Data items
######

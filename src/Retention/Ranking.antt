-- ===== src/Retention/Ranking.antt =====
-- The ranking of the threads: in order, with nothing lost, and split where the prune cuts it.
use assist.Base.Order.{before_irrefl, before_trans, before_cotrans}
use assist.Retention.Prune.{older, insert, newest_first}
use assist.Base.{
  ℕ, zero, suc, ◌+◌, min, String, Bool, true, false, ◌≡◌, refl, sym, ap, ◌∙◌, subst, List, [], ◌∷◌,
  ◌++◌, length, take, drop, count_if, All, if◌then◌else◌, if_true, if_false, inl, inr, Bool-cases,
  arith,
}

older_cotrans : (a b c : String × ℕ) → older a c ≡ true → older b c ≡ false → older a b ≡ true
older_cotrans (s, m) (t, n) (u, o) h k = ground (arith, h, k, before_cotrans s t u)

older_asym : (a b : String × ℕ) → older a b ≡ true → older b a ≡ false
older_asym (s, m) (t, n) h = ground (arith, h, before_trans s t s, before_irrefl s)

-- None of the list is newer.
unfoldable pub NoneNewer : String × ℕ → List (String × ℕ) → Type 0
NoneNewer c ds = All (λ d. older c d ≡ false) ds

unfoldable pub Descending : List (String × ℕ) → Type 0
Descending [] = Unit
Descending (c ∷ cs) = NoneNewer c cs × Descending cs

further-NoneNewer :
    (c d : String × ℕ) (ds : List (String × ℕ))
    → older c d ≡ false
    → NoneNewer d ds
    → NoneNewer c ds
unfolding NoneNewer
further-NoneNewer c d [] h v = tt
further-NoneNewer c d (e ∷ ds) h v = (
  elim (Bool-cases (older c e)) [
    | inr k ↦ k
    | inl k ↦ absurd (ground (arith, h, older_cotrans c d e k v.0))
  ],
  further-NoneNewer c d ds h v.1,
)

insert-NoneNewer :
    (b c : String × ℕ) (ds : List (String × ℕ))
    → older b c ≡ false
    → NoneNewer b ds
    → NoneNewer b (insert c ds)
unfolding NoneNewer
insert-NoneNewer b c [] h v = (h, tt)
insert-NoneNewer b c (d ∷ ds) h v = elim (Bool-cases (older c d)) [
  | inl k ↦ subst (NoneNewer b) (sym (if_true _ _ k)) (v.0, insert-NoneNewer b c ds h v.1)
  | inr k ↦ subst (NoneNewer b) (sym (if_false _ _ k)) (h, (v.0, v.1))
]

insert-Descending :
    (c : String × ℕ) (ds : List (String × ℕ)) → Descending ds → Descending (insert c ds)
unfolding NoneNewer Descending
insert-Descending c [] v = (tt, tt)
insert-Descending c (d ∷ ds) v = elim (Bool-cases (older c d)) [
  | inl k ↦
      subst Descending (sym (if_true _ _ k))
        (insert-NoneNewer d c ds (older_asym c d k) v.0, insert-Descending c ds v.1)
  | inr k ↦
      subst Descending (sym (if_false _ _ k)) ((k, further-NoneNewer c d ds k v.0), (v.0, v.1))
]

pub newest_first-Descending : (cs : List (String × ℕ)) → Descending (newest_first cs)
unfolding newest_first Descending
newest_first-Descending [] = tt
newest_first-Descending (c ∷ cs) =
    insert-Descending c (newest_first cs) (newest_first-Descending cs)

count_if-insert :
    (p : String × ℕ → Bool) (c : String × ℕ) (ds : List (String × ℕ))
    → count_if p (insert c ds) ≡ count_if p (c ∷ ds)
count_if-insert p c [] = refl
count_if-insert p c (d ∷ ds) = ground (arith, count_if-insert p c ds)

pub count_if-newest_first :
    (p : String × ℕ → Bool) (cs : List (String × ℕ)) → count_if p (newest_first cs) ≡ count_if p cs
unfolding newest_first
count_if-newest_first p [] = refl
count_if-newest_first p (c ∷ cs) =
    count_if-insert p c (newest_first cs)
    ∙ ap (λ n. (if p c then 1 else 0) + n) (count_if-newest_first p cs)

pub take-NoneNewer :
    (n : ℕ) (cs : List (String × ℕ))
    → Descending cs
    → All (λ k. All (λ d. older k d ≡ false) (drop n cs)) (take n cs)
unfolding NoneNewer Descending
take-NoneNewer zero cs v = tt
take-NoneNewer (suc n) [] v = tt
take-NoneNewer (suc n) (c ∷ cs) v = (dropped n cs v.0, take-NoneNewer n cs v.1)
  where
    dropped :
        (n : ℕ) (ds : List (String × ℕ))
        → All (λ d. older c d ≡ false) ds
        → All (λ d. older c d ≡ false) (drop n ds)
    dropped zero ds h = h
    dropped (suc n) [] h = tt
    dropped (suc n) (d ∷ ds) h = dropped n ds h.1

pub count_if-take-drop :
    (p : String × ℕ → Bool) (n : ℕ) (cs : List (String × ℕ))
    → count_if p (take n cs) + count_if p (drop n cs) ≡ count_if p cs
count_if-take-drop p zero cs = omega arith
count_if-take-drop p (suc n) [] = refl
count_if-take-drop p (suc n) (c ∷ cs) = omega (arith, count_if-take-drop p n cs)

pub take-drop : (n : ℕ) (cs : List (String × ℕ)) → take n cs ++ drop n cs ≡ cs
take-drop zero cs = refl
take-drop (suc n) [] = refl
take-drop (suc n) (c ∷ cs) = ap (λ l. c ∷ l) (take-drop n cs)

pub length-take : (n : ℕ) (cs : List (String × ℕ)) → length (take n cs) ≡ min n (length cs)
length-take zero cs = omega arith
length-take (suc n) [] = omega arith
length-take (suc n) (c ∷ cs) = omega (arith, length-take n cs)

######

#### [What the task requires]
Scan the entries above. Copy each line that has the string "dropped".

#### [Exercise solution]
take-NoneNewer (suc n) (c ∷ cs) v = (dropped n cs v.0, take-NoneNewer n cs v.1)
    dropped :
    dropped zero ds h = h
    dropped (suc n) [] h = tt
    dropped (suc n) (d ∷ ds) h = dropped n ds h.1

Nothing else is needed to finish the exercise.